The previous methods, which were based on robot model, apply a control approach on the dynamic model of the robot. This model becomes much complicated whenever robots’ DOF and workspace coordinates increase. In order to improve the results of these methods, some researchers (e.g., [14]) use additional vision equipment. Even when using of AI methods like ANN, some researchers use additional vision and torque sensors. This results in raising the cost of operation. Moreover, additional equipment may contribute to restricting generalization and application of their methods.

The main contribution

In this paper, an approach is designed and trained based on a multilayer RNN to detect human–robot collisions and identify the collided link. A KUKA robot was used to test this model. KUKA robot used here is a collaborative robot “COBOT”. This robot has position and torque sensors on all its joints, and only the joints’ positions signals are used in our current approach. This allow the method to be applied to any industrial robot. This robot consists of seven joints, and only three of them was identified to act as a 3-DOF robot.

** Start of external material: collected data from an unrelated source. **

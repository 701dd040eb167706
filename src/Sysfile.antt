-- ===== src/Sysfile.antt =====
-- UoDOS/sysfile.c: the system calls that open, read and write files.
mod Defs
mod Slots
mod Ends
mod Pair
mod Paths
mod Mode
mod Directory
mod Tests
unfoldable pub use Defs.*
unfoldable pub use Paths.*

In the experimental work, a sinusoidal motion is applied on the three joints simultaneously under the effect of gravity. The frequencies of this motion are having variable and constant values. The parameters of the NN model are extracted from the controller of robot, which is called KUKA robot controller, KRC. The values of current position \({\theta }_{i}(k)\), previous position \({\theta }_{i}(k-1)\), and angular velocity \({\dot{\theta }}_{i}(k)\) of the three joints were aggregated and used as inputs of the designed neural network. The corresponding external torques \(\tau\) of the three joints are aggregated and used for the training process. The LM algorithm is used for the training process.

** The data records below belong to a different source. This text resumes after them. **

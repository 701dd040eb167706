-- ===== src/Sysfile/Directory.antt =====
-- The current directory after sys_chdir.
use systems_programming_a.Prelude.{
  append_assoc, ℕ, zero, suc, ◌+◌, ◌-◌, ◌<◌, ◌≤◌, ◌≡◌, ◌≢◌, ◌∙◌, refl, sym, ap, arith, some, none,
  List, [], ◌∷◌, ◌++◌, length, take, update, Memory, true, ◌||◌,
}
use systems_programming_a.Proc.{Process}
use systems_programming_a.Str.Text.{IsText, strchr, safestrcpy}
use systems_programming_a.Str.Text.Copy.{safestrcpy_lem}
use systems_programming_a.Syscall.{argstr, argstr_lem}
use systems_programming_a.Sysfile.Paths.{
  text_at, lacks, add_slash, changed, changed_if, copy_cwd, sys_chdir,
}

-- The bytes of a string.
unfoldable pub bytes_at : Memory → ℕ → ℕ → List ℕ
bytes_at m a zero = []
bytes_at m a (suc n) = m a ∷ bytes_at m (a + 1) n

text_at-two :
    (m user : Memory) (a n x y : ℕ)
    → ((j : ℕ) → j < n → m (a + j) ≡ user (a + j))
    → m (a + n) ≡ x
    → m (a + n + 1) ≡ y
    → text_at m a (suc n) ≡ bytes_at user a n ++ (x ∷ y ∷ [])
unfolding text_at bytes_at
text_at-two m user a zero x y h e f = ground arith
text_at-two m user a (suc n) x y h e f =
    let r =
      text_at-two m user (a + 1) n x y (λ j l. ground (arith, h (j + 1))) (ground arith)
        (ground arith) in
    let z : m a ≡ user a = ground (arith, h 0) in rw (z, r) refl

length-bytes_at : (m : Memory) (a n : ℕ) → length (bytes_at m a n) ≡ n
unfolding bytes_at
length-bytes_at m a zero = refl
length-bytes_at m a (suc n) = ap suc (length-bytes_at m (a + 1) n)

strchr-absent :
    (m : Memory) (a n c : ℕ)
    → ((j : ℕ) → j < n → m (a + j) ≢ c)
    → c ≢ 0
    → m (a + n) ≡ 0
    → ((j : ℕ) → j < n → m (a + j) ≢ 0)
    → strchr (text_at m a n) c ≡ some none
unfolding strchr text_at
strchr-absent m a zero c h z e g = ground arith
strchr-absent m a (suc n) c h z e g =
    let r =
      strchr-absent m (a + 1) n c (λ j l. ground (arith, h (j + 1))) z (ground arith)
        (λ j l. ground (arith, g (j + 1))) in
    ground (arith, h 0, g 0)

add_slash_lem :
    (user : Memory) (a n : ℕ)
    → user 0 ≢ 0x5c
    → ((j : ℕ) → j < n → user (a + j) ≢ 0x5c)
    → user (a + n) ≡ 0
    → ((j : ℕ) → j < n → user (a + j) ≢ 0)
    → add_slash user a n ≡ (update (update user (a + n) 0x2f) (a + n + 1) 0, n + 1)
unfolding add_slash
add_slash_lem user a n z h e g =
    let q = strchr-absent user a n 0x5c h (omega arith) e g in
    let l : lacks user (text_at user a n) 0x5c ≡ true = rw (lacks, q) (ground arith) in
    let o : (lacks user (text_at user a n) 0x2f || lacks user (text_at user a n) 0x5c) ≡ true =
      rw l (ground arith) in
    rw o refl

slash-IsText :
    (m : Memory) (a n : ℕ)
    → ((j : ℕ) → j < n → m (a + j) ≢ 0)
    → IsText (bytes_at m a n ++ (0x2f ∷ []))
unfolding bytes_at
slash-IsText m a zero h = (omega arith, tt)
slash-IsText m a (suc n) h =
    (ground (arith, h 0), slash-IsText m (a + 1) n (λ j l. ground (arith, h (j + 1))))

take-slash :
    (m : Memory) (a n : ℕ)
    → take (suc n) (bytes_at m a n ++ (0x2f ∷ [])) ≡ bytes_at m a n ++ (0x2f ∷ [])
unfolding bytes_at
take-slash m a zero = refl
take-slash m a (suc n) = ap (λ l. m a ∷ l) (take-slash m (a + 1) n)

copied_cwd :
    (cwd cs rest : List ℕ) (m : Memory) (a len : ℕ)
    → text_at m a len ≡ cs ++ (0 ∷ [])
    → safestrcpy cwd (cs ++ (0 ∷ [])) (len + 1) ≡ some rest
    → copy_cwd cwd a (m, len) ≡ changed m rest
unfolding copy_cwd
copied_cwd cwd cs rest m a len t e =
    ap (λ l. changed_if m (safestrcpy cwd l (len + 1))) t ∙ ap (changed_if m) e

-- The copy of the string with its slash.
slash-copied :
    (cwd : List ℕ) (user m : Memory) (a n : ℕ)
    → ((j : ℕ) → j < n → user (a + j) ≢ 0)
    → text_at m a (suc n) ≡ bytes_at user a n ++ (0x2f ∷ 0 ∷ [])
    → n + 2 ≤ length cwd
    → (rest : List ℕ) × (copy_cwd cwd a (m, n + 1)
        ≡ changed m (bytes_at user a n ++ (0x2f ∷ 0 ∷ rest)))
slash-copied cwd user m a n g t l =
    let cs = bytes_at user a n ++ (0x2f ∷ []) in
    let s : n + 1 ≡ suc n = omega arith in
    let k : n + 1 + 1 - 1 ≡ suc n = omega arith in
    let (rest, c, d, f) =
      safestrcpy_lem cwd cs [] (n + 1 + 1) (slash-IsText user a n g) (omega arith)
        (omega (arith, l)) in
    let join = append_assoc (bytes_at user a n) (0x2f ∷ []) in
    (
      rest,
      copied_cwd cwd cs _ m a (n + 1) (ap (text_at m a) s ∙ t ∙ sym (join (0 ∷ []))) c
          ∙ ap (λ i. changed m (take i cs ++ (0 ∷ rest))) k
          ∙ ap (λ l. changed m (l ++ (0 ∷ rest))) (take-slash user a n)
          ∙ ap (changed m) (join (0 ∷ rest)),
    )

-- sys_chdir with a string that has no backslash, where the byte at 0 of the process is none either
-- and Cwd has room for the string, a slash and a terminator: the Cwd is then the string, a slash,
-- even if the string ends in one, and a terminator, and the slash and the terminator also stand
-- behind the string in the process's memory.
pub sys_chdir_lem :
    (p : Process) (user : Memory) (a n : ℕ)
    → argstr p user 0 ≡ some (a, n)
    → user 0 ≢ 0x5c
    → ((j : ℕ) → j < n → user (a + j) ≢ 0x5c)
    → n + 2 ≤ length p.cwd
    → (m : Memory) × (rest : List ℕ) × (sys_chdir p user
        ≡ changed m (bytes_at user a n ++ (0x2f ∷ 0 ∷ rest)))
      × (m (a + n) ≡ 0x2f)
      × (m (a + n + 1) ≡ 0)
unfolding sys_chdir
sys_chdir_lem p user a n e z h l =
    let (u, end, v, g) = argstr_lem p user 0 a n e in
    let m = update (update user (a + n) 0x2f) (a + n + 1) 0 in
    let t = text_at-two m user a n 0x2f 0 (λ j l. ground arith) (ground arith) (ground arith) in
    let (rest, c) = slash-copied p.cwd user m a n g t l in
    (
      m,
      rest,
      rw (sys_chdir, e) (ap (copy_cwd p.cwd a) (add_slash_lem user a n z h end g) ∙ c),
      ground arith,
      ground arith,
    )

The main aim of our method is the application to any conventional robot. In addition, this method enables operator from observing the collided link specifically.

Outline of the paper

The next sections (from 2 to 6) show the research methodology. “Methods” section shows the methods of conducting experiments to collect the data being analyzed. This includes the dynamics of the 3-DOF robot and why RNN method was selected to detect collisions exerting on the robot. Also, it shows the design of RNN architecture and how the model is trained. This section shows the governing equations of the main parameters of training model, as well. “Experimental work” section shows the experimental work which shows how data were collected from KUKA robot and how the RNN was trained. “Experimental results” section shows the experimental results. “Discussion and comparison” section shows the discussion of results through conducting a comparison between our proposed method and other previous methods proposed by other researchers. Finally, “Conclusions” section records the conclusions and proposes the future work.

Methods

In this section, the dynamics of the 3-DOF robotic manipulator are presented and discussed. In addition, the design requirements of the proposed RNN including the inputs and outputs are illustrated. All of these information are described in “Dynamics of 3-DOF robot” and “RNN design” sections.

Dynamics of 3-DOF robot

From the basic knowledge of robotics, the robot is coupled mechanically. So, any collision on any of its links can make effect on others.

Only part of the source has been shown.